The I.N.F. was the first disarmament agreement of the nuclear age that reversed confrontation, reconstructed cooperation in preserving nuclear peace, and enhanced global perceptions of the superpowers as responsible managers of the global nuclear order. In their joint statement at the conclusion of the bilateral summit that resulted in the signing of the I.N.F., U.S. President Ronald Reagan and Soviet Union General Secretary Mikhail Gorbachev affirmed “their solemn conviction that a nuclear war cannot be won and must never be fought.”
Examining Washington’s Motives
The U.S. first charged Russia with I.N.F. non-compliance in July 2014 and has repeated the allegation every year since then. Russia has been accused of clandestinely deploying a nuclear-capable 2000km-range ground-launched missile. Such a missile would give Russia a potent means to threaten N.A.T.O. transport nodes and fixed equipment. Some fear that Russia’s goal is to intimidate the Baltic states into submission. Were Russia to invade them, the missile would stop France, Germany, and the United Kingdom from coming to their assistance.

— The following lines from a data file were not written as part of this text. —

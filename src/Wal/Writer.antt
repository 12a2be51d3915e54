-- ===== src/Wal/Writer.antt =====
-- internal/wal/wal.go: the log as its appender sees it. The directory is the list of the segments
-- before the current one, oldest first, and the current one.
pub mod Frames
pub mod Refusals
use aequitas_ledger.Prelude.{
  ℕ, zero, suc, ◌+◌, ◌-◌, ◌*◌, ◌%◌, ◌^◌, Bool, true, false, ltb, leb, ◌==◌, ◌&&◌, ◌||◌, take,
  Option, none, some, List, [], ◌∷◌, ◌++◌, length, Result, ok, err, if◌then◌else◌,
}
use aequitas_ledger.Prelude.Bytes.{put_be, skip}
use aequitas_ledger.Wal.Records.{
  LogRecord, append_frame, append_commit_frame, record_type_checkpoint,
}
use aequitas_ledger.Wal.Segments.{
  Segment, WalError, encoding, panicked, default_segment_size, record_larger_than_segment,
  open_segment, size, is_full, write, sync,
}

pub record Wal : Type 0 where
  pub segment_size : ℕ
  pub closed : List Segment
  pub current : Segment
  pub current_lsn : ℕ

-- The segment files, oldest first: those before the last, and the last one opened again.
unfoldable pub open_last : ℕ → List Segment → List Segment × Segment
unfolding open_segment
open_last segment_size [] = ([], open_segment 1 segment_size [])
open_last segment_size (g ∷ gs) =
    let (closed, current) = open_last segment_size gs in
    elim gs [ [] ↦ ([], open_segment g.id segment_size g.bytes) | g' ∷ gs' ↦ (g ∷ closed, current) ]

-- `OpenWithOptions`, of a directory with these files
unfoldable pub open_log : ℕ → List Segment → Wal
open_log segment_size files =
    let n = if segment_size == 0 then default_segment_size else segment_size in
    let (closed, current) = open_last n files in
    record { segment_size = n; closed = closed; current = current; current_lsn = 0 }

-- `Rotate`: the segment is synced and closed, and the next one is a new file.
unfoldable pub rotate : Wal → Wal
unfolding sync open_segment
rotate w = record w {
  closed = w.closed ++ sync w.current ∷ [];
  current = open_segment (w.current.id + 1) w.segment_size [];
}

-- A full segment is left.
unfoldable pub with_room : Wal → Wal
with_room w = if is_full 1 w.current then rotate w else w

-- `encBuf`: the frames one after the other.
unfoldable pub joined : List (List ℕ) → List ℕ
joined [] = []
joined (f ∷ fs) = f ++ joined fs

-- An int32 as an int; none is negative.
abbrev pub int_of_int32 : ℕ → Option ℕ
int_of_int32 e = if ltb e (2 ^ 31) then some e else none

-- `frameEnds`: the ends of frames that stand one after the other from an offset on, as int32 values.
unfoldable pub frame_ends : ℕ → List (List ℕ) → List ℕ
frame_ends offset [] = []
frame_ends offset (f ∷ fs) = (offset + length f) % 2 ^ 32 ∷ frame_ends (offset + length f) fs

-- `int64(end-int32(written)) <= space`: an int32 difference may wrap, and a negative one is no more
-- than any space.
abbrev pub end_fits : ℕ → ℕ → ℕ → Bool
end_fits space written e =
    let difference = (e + 2 ^ 32 - written % 2 ^ 32) % 2 ^ 32 in
    leb (2 ^ 31) difference || leb difference space

-- The end of the frames that fit, and the ends after it.
unfoldable pub last_fitting : ℕ → ℕ → List ℕ → Option ℕ → Option ℕ × List ℕ
last_fitting space written [] end = (end, [])
last_fitting space written (e ∷ es) end =
    let further = last_fitting space written es (int_of_int32 e) in
    if end_fits space written e then further else (end, e ∷ es)

-- `buf[written:end]`; none is a panic.
unfoldable pub slice : List ℕ → ℕ → ℕ → Option (List ℕ)
slice buf from to =
    if leb from to && leb to (length buf) then some (take (to - from) (skip from buf)) else none

-- The error names the end of the next frame, which there has to be.
abbrev pub oversized : List ℕ → WalError
oversized [] = panicked
oversized (e ∷ es) = record_larger_than_segment

-- The loop in `writeBuffered`. A round takes the end of some frame or rotates, and a round after a
-- rotation takes one or gives up; `none` is a loop that has not ended within its fuel.
unfoldable pub write_buffered :
    ℕ → List ℕ → ℕ → List ℕ → Wal → Option (Result WalError (Unit {0}) × Wal)
write_buffered zero buf written ends w = none
write_buffered (suc fuel) buf written ends w =
    let w₁ = with_room w in
    let space = w₁.current.max_size - size w₁.current in
    let (last, rest) = last_fitting space written ends (some written) in
    elim (leb (length buf) written) [
      | true ↦ some (ok tt, w)
      | false ↦ elim last [
        | none ↦ some (err panicked, w₁)
        | some end ↦ elim (end == written) [
          | true ↦ elim (ltb space w₁.segment_size) [
            | true ↦ write_buffered fuel buf written rest (rotate w₁)
            | false ↦ some (err (oversized rest), w₁)
          ]
          | false ↦ elim (slice buf written end) [
            | none ↦ some (err panicked, w₁)
            | some run ↦
                let (result, s) = write run w₁.current in
                elim result [
                  | err e ↦ some (err e, record w₁ { current = s })
                  | ok n ↦ write_buffered fuel buf end rest (record w₁ { current = s })
                ]
          ]
        ]
      ]
    ]

-- `Sync`
unfoldable pub sync_log : Wal → Wal
unfolding sync
sync_log w = record w { current = sync w.current }

abbrev pub after_write : Result WalError (Unit {0}) → ℕ → Result WalError ℕ
after_write (err e) lsn = err e
after_write (ok u) lsn = ok lsn

abbrev synced_if_ok : Result WalError ℕ × Wal → Result WalError (Unit {0}) × Wal
synced_if_ok (err e, w) = (err e, w)
synced_if_ok (ok n, w) = (ok tt, sync_log w)

module _ (crc : List ℕ → ℕ) where
  -- The loop that encodes a batch: the LSN after it, and the frames or an error. A record that is
  -- refused has used its LSN.
  unfoldable pub encode_from : ℕ → ℕ → List LogRecord → Result WalError (List (List ℕ)) × ℕ
  encode_from segment_size lsn [] = (ok [], lsn)
  encode_from segment_size lsn (r ∷ rs) =
      let (rest, last) = encode_from segment_size (lsn + 1) rs in
      elim (append_frame crc [] (record r { lsn = lsn + 1 })) [
        | err e ↦ (err (encoding e), lsn + 1)
        | ok f ↦ elim (ltb segment_size (length f)) [
          | true ↦ (err record_larger_than_segment, lsn + 1)
          | false ↦ elim rest [ err e ↦ (err e, last) | ok fs ↦ (ok (f ∷ fs), last) ]
        ]
      ]

  unfoldable pub append_batch : List LogRecord → Wal → Option (Result WalError ℕ × Wal)
  append_batch [] w = some (ok w.current_lsn, w)
  append_batch (r ∷ rs) w =
      let (encoded, lsn) = encode_from w.segment_size w.current_lsn (r ∷ rs) in
      elim encoded [
        | err e ↦ some (err e, record w { current_lsn = lsn })
        | ok fs ↦
            let marker = append_commit_frame crc [] (lsn + 1) (length (r ∷ rs)) in
            let frames = fs ++ marker ∷ [] in
            elim (write_buffered (2 * length frames + 2) (joined frames) 0 (frame_ends 0 frames)
              (record w { current_lsn = lsn + 1 })) [
                | none ↦ none
                | some (result, w') ↦ some (after_write result (w.current_lsn + 1), w')
              ]
      ]

  -- `AppendCheckpoint`, with the sync at its end.
  unfoldable pub append_checkpoint : ℕ → Wal → Option (Result WalError (Unit {0}) × Wal)
  append_checkpoint lsn w =
      let marker : LogRecord = record {
        lsn = 0;
        kind = record_type_checkpoint;
        payload = put_be 8 lsn;
      } in
      elim (append_batch (marker ∷ []) w) [ none ↦ none | some done ↦ some (synced_if_ok done) ]

-- `Head`
unfoldable pub head : Wal → ℕ × ℕ
head w = (w.current.id, w.current.synced_offset)

unfoldable pub advance_lsn_to : ℕ → Wal → Wal
advance_lsn_to at_least w =
    if ltb w.current_lsn at_least then record w { current_lsn = at_least } else w

-- `Reset`
unfoldable pub reset : Wal → Wal
unfolding open_segment
reset w = record w { closed = []; current = open_segment 1 w.segment_size []; current_lsn = 0 }

-- The files of the log.
abbrev pub segments : Wal → List Segment
segments w = w.closed ++ w.current ∷ []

What was advantageous with regard to Russia in Europe was placing the U.S. at a growing and potentially critical disadvantage with regard to China in the Asia-Pacific.
Europeans remain divided on the U.S. intelligence on alleged Russian breaches of I.N.F. obligations, especially as Washington refuses to divulge all its information, citing a need to protect sources and methods. Critics note that hawkish Americans believe nuclear rearmament would be good for U.S. security and the defense industry. Thus, the American Enterprise Institute, a leading neo-conservative think tank, has called for government efforts to generate political and public support for rearmament with cruise missiles.
To the Trump administration, the I.N.F. engendered a situation in which U.S. strategic imperatives collided. What was advantageous with regard to Russia in Europe was placing the U.S. at a growing and potentially critical disadvantage with regard to China in the Asia-Pacific.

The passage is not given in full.